◆ **Exercise brief**
Across the entries below, how many lines have the string "running" in them? Reply with only the number.

◆ **Information provided**
-- ===== src/Proc/Sample.antt =====
-- Small process tables, and a world, that the tests of proc.c share.
use cpp.Prelude.{ℕ, ◌+◌, if◌then◌else◌, Bool, false, some, [], ◌∷◌, replicate}
use cpp.Prelude.Int.{pos}
use cpp.Proc.Table.{
  ProcState, unused, sleeping, runnable, running, zombie, TrapFrame, Context, Proc, Table,
}
use cpp.Proc.Kernel.{Kernel, Callees}

abbrev pub frame : TrapFrame
frame = record { eax = 7; cs = 0; ds = 0; es = 0; ss = 0; eflags = 0; esp = 0; eip = 0; rest = [] }

abbrev pub context : Context
context = record { edi = 0; esi = 0; ebx = 0; ebp = 0; eip = 0 }

abbrev pub slot : Proc
slot = record {
  sz = 0;
  pgdir = 0;
  kstack = 0;
  state = unused;
  pid = 0;
  parent = 0;
  tf = 0;
  frame = frame;
  ret = 0;
  context = 0;
  saved = context;
  chan = 0;
  killed = false;
  ofile = replicate 2 0;
  cwd = 0;
  name = λ i. 0;
  priority = pos 0;
}

-- A process with a stack and a page directory.
abbrev pub process : ProcState → (pid parent : ℕ) → Proc
process state pid parent = record slot {
  sz = 4096;
  pgdir = 0x2000;
  kstack = 0x1000;
  state = state;
  pid = pid;
  parent = parent;
  ofile = 5 ∷ 0 ∷ [];
  cwd = 9;
  priority = pos 10;
}

-- init waits for its children, of which process 2 runs; that has a RUNNABLE child of a higher
-- priority and a zombie. The other slots are free.
abbrev pub family : Table
family = record {
  base = 1000;
  procs =
      record (process sleeping 1 0) { chan = 1000 }
      ∷ process running 2 1000
      ∷ record (process runnable 3 1128) { priority = pos 5 }
      ∷ process zombie 4 1128
      ∷ replicate 60 slot;
  nextpid = 5;
  initproc = 1000;
}

-- All slots are free.
abbrev pub nobody : Table
nobody = record { base = 1000; procs = slot ∷ slot ∷ []; nextpid = 1; initproc = 0 }

-- The world is the next free page. Where `full` is true there is none.
abbrev pub callees : Bool → Callees ℕ
callees full = record {
  trapret = 11;
  forkret = 12;
  kalloc = λ w. some (if full then 0 else w, w + 4096);
  kfree = λ a w. some (tt, w);
  copyuvm = λ d n w. some (w, w + 4096);
  freevm = λ a w. some (tt, w);
  allocuvm = λ d o n w. some (n, w);
  deallocuvm = λ d o n w. some (n, w);
  setupkvm = λ w. some (w, w + 4096);
  inituvm = λ d w. some (tt, w);
  filedup = λ f w. some (tt, w);
  idup = λ i w. some (tt, w);
  fileclose = λ f k. some (tt, k);
  begin_op = λ k. some (tt, k);
  iput = λ i k. some (tt, k);
  end_op = λ k. some (tt, k);
  namei_root = λ k. some (9, k);
}

abbrev pub machine : Kernel ℕ
machine = record { table = family; world = 0x8000 }
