-- ===== src/Events/Calls.antt =====
-- events/simple.go: calls of the methods, one after another, and what each subscriber is given.
use defradg.Prelude.{
  ℕ, ◌+◌, ◌≡◌, refl, ap, sym, ◌∙◌, true, false, ◌||◌, List, [], ◌∷◌, ◌++◌, append_assoc, append-nil,
  ltb, ◌==◌, arith, Bool-cases, inl, inr,
}
use defradg.Events.{
  Command, close_command, subscribe_command, unsubscribe_command, publish_command, SimpleChannel,
  new_simple_channel, subscribe, unsubscribe, publish, close, handle_channel, Effect,
}
use defradg.Events.Views.{
  Phase, waiting, active, gone, is_waiting, leave, view, promised, orderly, view-handle_channel,
}

pub data Call (T : Type 0) : Type 0 where
  subscribe_call close_call : Call T
  unsubscribe_call : ℕ → Call T
  publish_call : T → Call T

is_waiting-leave : (p : Phase) → is_waiting (leave p) ≡ is_waiting p
is_waiting-leave waiting = refl
is_waiting-leave active = refl
is_waiting-leave gone = refl

module _ {T : Type 0} where
  unfoldable pub call : Call T → SimpleChannel T → SimpleChannel T
  call subscribe_call c = (subscribe c).1
  call (unsubscribe_call ch) c = unsubscribe ch c
  call (publish_call x) c = publish x c
  call close_call c = close c

  unfoldable pub run_calls : List (Call T) → SimpleChannel T → SimpleChannel T
  run_calls [] c = c
  run_calls (k ∷ ks) c = run_calls ks (call k c)

  -- What happens to the channels of the subscribers.
  abbrev pub log_of : List (Call T) → List (Effect T)
  log_of ks = handle_channel (run_calls ks new_simple_channel).commands []

  -- The commands of calls, until the first Close, if so many channels were made before.
  abbrev pub commands_of : ℕ → List (Call T) → List (Command T)
  commands_of n [] = []
  commands_of n (subscribe_call ∷ ks) = subscribe_command n ∷ commands_of (n + 1) ks
  commands_of n (unsubscribe_call c ∷ ks) = unsubscribe_command c ∷ commands_of n ks
  commands_of n (publish_call x ∷ ks) = publish_command x ∷ commands_of n ks
  commands_of n (close_call ∷ ks) = close_command ∷ []

  closed_call : (k : Call T) (c : SimpleChannel T) → c.is_closed ≡ true → call k c ≡ c
  unfolding call subscribe unsubscribe publish close
  closed_call subscribe_call c h = rw h refl
  closed_call (unsubscribe_call ch) c h = rw h refl
  closed_call (publish_call x) c h = rw h refl
  closed_call close_call c h = rw h refl

  closed_run_calls :
      (ks : List (Call T)) (c : SimpleChannel T) → c.is_closed ≡ true → run_calls ks c ≡ c
  unfolding run_calls
  closed_run_calls [] c h = refl
  closed_run_calls (k ∷ ks) c h = rw (closed_call k c h) (closed_run_calls ks c h)

  abbrev Sends : List (Call T) → SimpleChannel T → Type 0
  Sends ks c = (run_calls ks c).commands ≡ c.commands ++ commands_of c.made ks

  open_run_calls :
      (ks : List (Call T)) (cmds : List (Command T)) (n : ℕ)
      → Sends ks (record { commands = cmds; made = n; is_closed = false })
  unfolding run_calls call subscribe unsubscribe publish close
  open_run_calls [] cmds n = sym (append-nil cmds)
  open_run_calls (subscribe_call ∷ ks) cmds n =
      open_run_calls ks (cmds ++ (subscribe_command n ∷ [])) (n + 1) ∙ append_assoc cmds _ _
  open_run_calls (unsubscribe_call ch ∷ ks) cmds n =
      open_run_calls ks (cmds ++ (unsubscribe_command ch ∷ [])) n ∙ append_assoc cmds _ _
  open_run_calls (publish_call x ∷ ks) cmds n =
      open_run_calls ks (cmds ++ (publish_command x ∷ [])) n ∙ append_assoc cmds _ _
  open_run_calls (close_call ∷ ks) cmds n =
      ap (λ c. c.commands)
        (closed_run_calls ks
          (record { commands = cmds ++ (close_command ∷ []); made = n; is_closed = true }) refl)

  -- A channel is subscribed when it is made, and never again.
  orderly-commands_of :
      (ch : ℕ) (p : Phase) (n : ℕ) (ks : List (Call T))
      → (is_waiting p || ltb ch n) ≡ true
      → orderly ch p (commands_of n ks) ≡ true
  orderly-commands_of ch p n [] h = refl
  orderly-commands_of ch p n (subscribe_call ∷ ks) h = elim (Bool-cases (n == ch)) [
    | inl e ↦ ground (arith, e, h, orderly-commands_of ch active (n + 1) ks (ground (arith, e)))
    | inr e ↦ ground (arith, e, h, orderly-commands_of ch p (n + 1) ks (ground (arith, e, h)))
  ]
  orderly-commands_of ch p n (unsubscribe_call c ∷ ks) h = elim (Bool-cases (c == ch)) [
    | inl e ↦
        rw e
          (orderly-commands_of ch (leave p) n ks (ap (λ w. w || ltb ch n) (is_waiting-leave p) ∙ h))
    | inr e ↦ rw e (orderly-commands_of ch p n ks h)
  ]
  orderly-commands_of ch p n (publish_call x ∷ ks) h = orderly-commands_of ch p n ks h
  orderly-commands_of ch p n (close_call ∷ ks) h = refl

  -- Where every subscriber takes what it is sent: whatever calls are made, one after another, each channel sees what it is promised for the commands
  -- of the calls until the first Close: the items that are published between its Subscribe and its
  -- Unsubscribe or Close, in order, and then once that it is closed.
  pub view-log_of :
      (ch : ℕ) (ks : List (Call T)) → view ch (log_of ks) ≡ promised ch waiting (commands_of 0 ks)
  view-log_of ch ks =
      view-handle_channel ch waiting (run_calls ks new_simple_channel).commands [] refl (
        ap (orderly ch waiting) (open_run_calls ks [] 0) ∙ orderly-commands_of ch waiting 0 ks refl)
      ∙ ap (promised ch waiting) (open_run_calls ks [] 0)
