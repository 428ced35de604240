-- ===== src/Events/Tests.antt =====
-- events/simple.go on concrete calls, and the theorems of Events there.
use defradg.Prelude.{ℕ, ◌≡◌, refl, List, [], ◌∷◌, err, subscribed_to_closed_chan}
use defradg.Events.{
  subscribe, unsubscribe, publish, close, new_simple_channel, handle, handle_channel, find_index,
  swap_remove,
}
use defradg.Events.Views.{waiting, item, done, view, promised}
use defradg.Events.Calls.{
  Call, subscribe_call, unsubscribe_call, publish_call, close_call, call, run_calls, log_of,
  commands_of, view-log_of,
}

abbrev calls : List (Call ℕ)
calls =
    subscribe_call
    ∷ subscribe_call
    ∷ publish_call 7
    ∷ unsubscribe_call 0
    ∷ publish_call 8
    ∷ close_call
    ∷ publish_call 9
    ∷ subscribe_call
    ∷ []

first_sees : view 0 (log_of calls) ≡ item 7 ∷ done ∷ []
unfolding run_calls call subscribe unsubscribe publish close handle_channel handle find_index
    swap_remove
first_sees = refl

second_sees : view 1 (log_of calls) ≡ item 7 ∷ item 8 ∷ done ∷ []
unfolding run_calls call subscribe unsubscribe publish close handle_channel handle find_index
    swap_remove
second_sees = refl

closed_refuses : (subscribe (run_calls calls new_simple_channel)).0 ≡ err subscribed_to_closed_chan
unfolding run_calls call subscribe unsubscribe publish close
closed_refuses = refl

view-log_of_example : view 1 (log_of calls) ≡ promised 1 waiting (commands_of 0 calls)
view-log_of_example = view-log_of 1 calls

◆ **Answer space**
2